=== Task statement ===
Both the line with "plain_lists = record" and the line with "abbrev bob : Node Value" in the records below must appear in the output, along with every line between them, exactly and with nothing added.

Stored items
● ● ● ● ● ● ●

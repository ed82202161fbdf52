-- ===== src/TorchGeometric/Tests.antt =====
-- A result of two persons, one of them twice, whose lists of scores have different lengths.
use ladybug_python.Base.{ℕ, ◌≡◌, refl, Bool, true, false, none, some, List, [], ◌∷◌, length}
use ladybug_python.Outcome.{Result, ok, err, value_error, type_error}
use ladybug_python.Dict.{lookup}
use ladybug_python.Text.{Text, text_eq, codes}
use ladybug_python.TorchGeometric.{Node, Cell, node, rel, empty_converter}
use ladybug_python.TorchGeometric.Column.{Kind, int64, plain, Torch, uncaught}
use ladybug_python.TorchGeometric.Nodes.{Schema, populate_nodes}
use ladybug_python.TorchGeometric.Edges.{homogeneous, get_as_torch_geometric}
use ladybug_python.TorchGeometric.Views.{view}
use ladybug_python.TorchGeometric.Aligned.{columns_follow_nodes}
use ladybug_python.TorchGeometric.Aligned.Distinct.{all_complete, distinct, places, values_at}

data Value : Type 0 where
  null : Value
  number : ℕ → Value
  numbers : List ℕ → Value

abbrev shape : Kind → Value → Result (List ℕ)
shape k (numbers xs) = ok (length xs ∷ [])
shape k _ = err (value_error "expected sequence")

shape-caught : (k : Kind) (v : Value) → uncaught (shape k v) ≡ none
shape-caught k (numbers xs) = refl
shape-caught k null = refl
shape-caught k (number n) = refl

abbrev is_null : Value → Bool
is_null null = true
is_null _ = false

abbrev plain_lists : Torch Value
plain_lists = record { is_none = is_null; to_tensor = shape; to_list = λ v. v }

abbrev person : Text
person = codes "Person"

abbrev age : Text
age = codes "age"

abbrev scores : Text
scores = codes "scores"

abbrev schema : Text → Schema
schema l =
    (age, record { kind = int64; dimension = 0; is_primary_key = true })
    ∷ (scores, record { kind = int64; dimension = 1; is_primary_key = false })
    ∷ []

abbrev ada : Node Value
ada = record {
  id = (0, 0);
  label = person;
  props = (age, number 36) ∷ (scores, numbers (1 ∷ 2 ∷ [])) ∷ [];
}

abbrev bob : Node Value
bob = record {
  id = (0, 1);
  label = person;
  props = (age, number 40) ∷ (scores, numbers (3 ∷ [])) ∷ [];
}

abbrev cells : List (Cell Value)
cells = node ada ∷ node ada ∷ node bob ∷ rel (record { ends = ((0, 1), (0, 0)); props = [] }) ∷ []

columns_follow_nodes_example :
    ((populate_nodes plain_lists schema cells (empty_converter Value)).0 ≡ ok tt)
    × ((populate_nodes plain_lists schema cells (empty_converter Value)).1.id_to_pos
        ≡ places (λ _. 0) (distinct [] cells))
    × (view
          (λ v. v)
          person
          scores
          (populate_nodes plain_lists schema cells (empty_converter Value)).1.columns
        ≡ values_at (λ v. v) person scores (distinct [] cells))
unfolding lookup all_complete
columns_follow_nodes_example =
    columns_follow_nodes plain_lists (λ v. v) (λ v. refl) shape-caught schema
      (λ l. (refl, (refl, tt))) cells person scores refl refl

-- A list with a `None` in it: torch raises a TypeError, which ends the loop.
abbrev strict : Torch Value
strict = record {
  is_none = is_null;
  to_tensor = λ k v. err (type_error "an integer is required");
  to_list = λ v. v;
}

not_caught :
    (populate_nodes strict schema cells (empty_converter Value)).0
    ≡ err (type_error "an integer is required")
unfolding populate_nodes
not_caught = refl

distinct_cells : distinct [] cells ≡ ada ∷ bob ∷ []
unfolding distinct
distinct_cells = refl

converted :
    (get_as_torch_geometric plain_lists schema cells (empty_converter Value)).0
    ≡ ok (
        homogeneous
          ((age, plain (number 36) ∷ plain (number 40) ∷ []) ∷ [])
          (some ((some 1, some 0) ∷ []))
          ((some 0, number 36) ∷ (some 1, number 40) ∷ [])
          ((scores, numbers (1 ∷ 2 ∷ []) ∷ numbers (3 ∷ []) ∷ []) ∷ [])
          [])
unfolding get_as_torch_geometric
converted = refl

● ● ● ● ● ● ●

=== Task result ===
plain_lists = record { is_none = is_null; to_tensor = shape; to_list = λ v. v }

abbrev person : Text
person = codes "Person"

abbrev age : Text
age = codes "age"

abbrev scores : Text
scores = codes "scores"

abbrev schema : Text → Schema
schema l =
    (age, record { kind = int64; dimension = 0; is_primary_key = true })
    ∷ (scores, record { kind = int64; dimension = 1; is_primary_key = false })
    ∷ []

abbrev ada : Node Value
ada = record {
  id = (0, 0);
  label = person;
  props = (age, number 36) ∷ (scores, numbers (1 ∷ 2 ∷ [])) ∷ [];
}

abbrev bob : Node Value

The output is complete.